In AdventureWorks, there's an employee pay history table, that shows pay rates and effective dates (for when the payment went into effect)
Suppose I want to know, at any one time, what a person's pay rate was on a specific day.
I might have a function that does this, using the subquery pattern to grab the most recent pay rate row for the employee, "on or before" the as of date.
create function dbo.UDFScalar_GetRateForAsOfDate
( @AsOfDate Date, @EmployeeID int)
returns Money
as
begin
declare @Rate Money
set @Rate = (select Rate from HumanResources.EmployeePayHistory
where BusinessEntityID = @EmployeeID
and RateChangeDate = (select max(RatechangeDate) from HumanResources.EmployeePayHistory
where BusinessEntityID = @EmployeeID
and RatechangeDate <= @AsOfDate)
)
return @Rate
end
go
And then I'll consume it in this query, to grab it for everyone for the as of date of 1-1-2005
select BusinessEntityID, LoginID, JobTitle,
dbo.UDFScalar_GetRateForAsOfDate('1-1-2005', BusinessEntityID) as RateForDate from HumanResources.Employee
where dbo.UDFScalar_GetRateForAsOfDate('1-1-2005', BusinessEntityID) is not null
OK, that works. And it runs in less than a second...but we're not talking about much data. And there is a CPU cost in dealing with the scalar function.
As it turns out, there's a technique that in many cases (maybe not all, but many) will run a bit faster.....and gives us the flexibility of returning multiple columns.
We can write a table function instead, to bring back multiple columns (not just the rate for the effective date, but the actual most recent rate change date on or before the effective date). Now, SQL Server doesn't have a "row-based" function that returns a single row, but we can bring back the equivalent of a table variable.
create function dbo.UDFTableValued_GetRateForAsOfDate
( @AsOfDate Date, @EmployeeID int)
returns Table
as
return
select Rate, RateChangeDate from HumanResources.EmployeePayHistory
where BusinessEntityID = @EmployeeID
and RateChangeDate = (select max(RatechangeDate) from HumanResources.EmployeePayHistory
where BusinessEntityID = @EmployeeID
and RatechangeDate <= @AsOfDate)
end
go
Now, we consume a table valued function from the outside a bit differently. We can't join the Employee master to it....but we can use a CROSS APPLY.
select BusinessEntityID, LoginID, JobTitle, TVF.Rate, TVF.RatechangeDate from HumanResources.Employee
CROSS APPLY dbo.UDFTableValued_GetRateForAsOfDate ('1-1-2005', BusinessEntityID) TVF
We don't need to filter out people with NULL rates, as the CROSS APPLY will eliminate them. (If we truly wanted to see all employees, even those without a rate for the date, we'd use OUTER APPLY instead)
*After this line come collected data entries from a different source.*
-- ===== src/Storage/Hashing.antt =====
-- The digests of medusa/storage/abstract_storage.py and the comparisons of
-- medusa/storage/s3_base_storage.py, google_storage.py and azure_storage.py. A file is the list of
-- its bytes. hashlib and base64 are parameters: `digest` the MD5 of some bytes, `encoded` its base64
-- text, and `decoded_hex` the hexadecimal text of a base64 text, where it decodes.
pub mod Parts
use cassandra_medusa.Base.{
  ℕ, zero, suc, Bool, true, false, ◌&&◌, ◌||◌, Option, none, some, List, [], ◌∷◌, ◌++◌, ◌==◌, leb,
  ltb, length, take, drop, concat, map, if◌then◌else◌,
}
use cassandra_medusa.Base.{Result, ok, ◌>>=◌}
use cassandra_medusa.Base.Text.{Text, codes, text_eq, contains, decimal, starts_with, ends_with}
use cassandra_medusa.Manifest.{ManifestObject}
use cassandra_medusa.Storage.Driver.{Blob}

abbrev pub Bytes : Type 0
Bytes = List ℕ

-- `md5_part` from the `blocks` blocks that it may still read: what it has read, whether it has
-- met the end of the file, and what follows.
unfoldable pub md5_part : ℕ → ℕ → Bytes → Bytes → Bytes × Bool × Bytes
md5_part block zero read file = (read, false, file)
md5_part block (suc blocks) read [] = (read, true, [])
md5_part block (suc blocks) read (b ∷ file) =
    md5_part block blocks (read ++ take block (b ∷ file)) (drop block (b ∷ file))

-- The loop of `md5_multipart`, on fuel: the bytes of the parts, in order.
abbrev pub next_parts : List Bytes → Bytes × Bool × Bytes → List Bytes
next_parts rest (part, true, file) = part ∷ []
next_parts rest (part, false, file) = part ∷ rest

unfoldable pub parts : ℕ → ℕ → ℕ → Bytes → List Bytes
unfolding md5_part
parts block blocks zero file = []
parts block blocks (suc fuel) file =
    let part = md5_part block blocks [] file in next_parts (parts block blocks fuel part.2) part

-- MULTIPART_BLOCK_SIZE_BYTES, and the blocks of a part: 8 MB of 16 blocks each.
abbrev pub multipart_block_size : ℕ
multipart_block_size = 65536

abbrev pub multipart_blocks : ℕ
multipart_blocks = 128

module _ (digest : Bytes → Bytes) (hex encoded : Bytes → Text) where
  unfoldable pub md5_multipart : Bytes → Text
  unfolding parts decimal
  md5_multipart file =
      let hash_list =
        map digest (parts multipart_block_size multipart_blocks (suc (length file)) file) in
      hex (digest (concat hash_list)) ++ codes "-" ++ decimal (length hash_list)

  -- Blocks that are digested one after the other are digested as one.
  unfoldable pub generate_md5_hash : Bytes → Text
  generate_md5_hash file = encoded (digest file)

  module _ (decoded_hex : Text → Result Text) where
    -- `hashes_match` of AbstractStorage
    unfoldable pub hashes_match : Text → Text → Result Bool
    unfolding text_eq
    hashes_match manifest_hash object_hash = do
      decoded ← decoded_hex manifest_hash
      ok (text_eq decoded object_hash || text_eq manifest_hash object_hash)

    -- Either hash may be the base64 text of the other. Both are decoded in any case.
    unfoldable pub any_form_matches : Text → Text → Result Bool
    unfolding text_eq
    any_form_matches actual in_manifest = do
      m ← decoded_hex in_manifest
      a ← decoded_hex actual
      ok (text_eq actual m || (text_eq in_manifest a || text_eq actual in_manifest))

    abbrev and_sizes : Bool → Result Bool → Result Bool
    and_sizes sizes_match r = r >>= λ hashes. ok (sizes_match && hashes)

    -- `actual_size >= threshold > 0`
    abbrev pub above : Option ℕ → ℕ → Bool
    above none size = false
    above (some t) size = leb t size && ltb 0 t

    abbrev pub hash_matches : Bool → Text → Text → Result Bool
    unfolding any_form_matches text_eq
    hash_matches true actual in_manifest = ok (text_eq actual in_manifest)
    hash_matches false actual in_manifest = any_form_matches actual in_manifest

    -- `compare_with_manifest` of S3BaseStorage; no hash or an empty one leaves the sizes.
    unfoldable pub compare_with_manifest : ℕ → ℕ → Option Text → Text → Option ℕ → Result Bool
    unfolding hash_matches contains
    compare_with_manifest size in_manifest none hash threshold = ok (size == in_manifest)
    compare_with_manifest size in_manifest (some []) hash threshold = ok (size == in_manifest)
    compare_with_manifest size in_manifest (some (c ∷ actual)) hash threshold =
        and_sizes (size == in_manifest)
          (hash_matches (above threshold size || contains (codes "-") hash) (c ∷ actual) hash)

    -- `compare_with_manifest` of GoogleStorage and of AzureStorage
    unfoldable pub compare_single_part : ℕ → ℕ → Option Text → Text → Result Bool
    unfolding any_form_matches
    compare_single_part size in_manifest none hash = ok (size == in_manifest)
    compare_single_part size in_manifest (some []) hash = ok (size == in_manifest)
    compare_single_part size in_manifest (some (c ∷ actual)) hash =
        and_sizes (size == in_manifest) (any_form_matches (c ∷ actual) hash)

    abbrev pub if_enabled : Bool → Text → Option Text
    if_enabled true t = some t
    if_enabled false t = none

    -- `str(blob.hash)`: the hash that is missing is the text 'None'.
    abbrev pub hash_text : Option Text → Text
    hash_text none = codes "None"
    hash_text (some h) = h

    unfoldable pub s3_blob_matches_manifest : Blob → ManifestObject → Bool → Result Bool
    unfolding compare_with_manifest
    s3_blob_matches_manifest b o enable_md5_checks =
        compare_with_manifest b.size o.size (if_enabled enable_md5_checks (hash_text b.hash)) o.md5
          none

    -- The hash of the file, by parts where it is not below the threshold.
    abbrev pub s3_file_hash : Bytes → Option ℕ → Bool → Option Text
    unfolding md5_multipart generate_md5_hash
    s3_file_hash file threshold false = none
    s3_file_hash file threshold true =
        some (if above threshold (length file) then md5_multipart file else generate_md5_hash file)

    unfoldable pub s3_file_matches_storage : Bytes → ManifestObject → Option ℕ → Bool → Result Bool
    unfolding compare_with_manifest s3_file_hash
    s3_file_matches_storage file cached threshold enable_md5_checks =
        compare_with_manifest (length file) cached.size
          (s3_file_hash file threshold enable_md5_checks) cached.md5 threshold

    unfoldable pub google_blob_matches_manifest : Blob → ManifestObject → Bool → Result Bool
    unfolding compare_single_part
    google_blob_matches_manifest b o enable_md5_checks =
        compare_single_part b.size o.size (if_enabled enable_md5_checks (hash_text b.hash)) o.md5

    unfoldable pub google_file_matches_storage : Bytes → ManifestObject → Bool → Result Bool
    unfolding compare_single_part generate_md5_hash
    google_file_matches_storage file cached enable_md5_checks =
        compare_single_part (length file) cached.size
          (if_enabled enable_md5_checks (generate_md5_hash file)) cached.md5

    -- A blob without a hash is compared by its size.
    abbrev pub azure_hash : Bool → Option Text → Option Text
    azure_hash true h = h
    azure_hash false h = none

    unfoldable pub azure_blob_matches_manifest : Blob → ManifestObject → Bool → Result Bool
    unfolding compare_single_part
    azure_blob_matches_manifest b o enable_md5_checks =
        compare_single_part b.size o.size (azure_hash enable_md5_checks b.hash) o.md5

-- `path_maybe_with_parent`: a file of a secondary index or of the DSE metadata keeps the name of its
-- folder. `parent` and `name` are the last parts of the path.
unfoldable pub path_maybe_with_parent : Text → Text → Text → Text
unfolding starts_with ends_with
path_maybe_with_parent dest parent name =
    if starts_with parent (codes ".") || ends_with parent (codes "nodes")
    then dest ++ codes "/" ++ parent ++ codes "/" ++ name
    else dest ++ codes "/" ++ name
This second approach, with the table function, runs in about 82 milliseconds and has no CPU cost. The first approach, using the scalar function, runs in about 109 ms and has a small CPU cost. So the table function approach is a bit faster, and you get the benefit of being able to bring back more than one column.
In more advanced "real life" applications, the differences in performance can be astounding. I've seen scalar functions that take minutes to run (when consumed over a large # of rows) whereas table functions take far less. As always, mileage can vary, so it's good to test out both to see.
I'm sure others can/will make suggestions on this example, it's simply offered as a starter example. Some people might be able to refactor the subquery and try out a SELECT TOP 1...ORDER BY instead of MAX. Sure, that's great, give it a try.
But generally, in SQL Server, be careful about using scalar UDFs over a large # of rows.
Adios...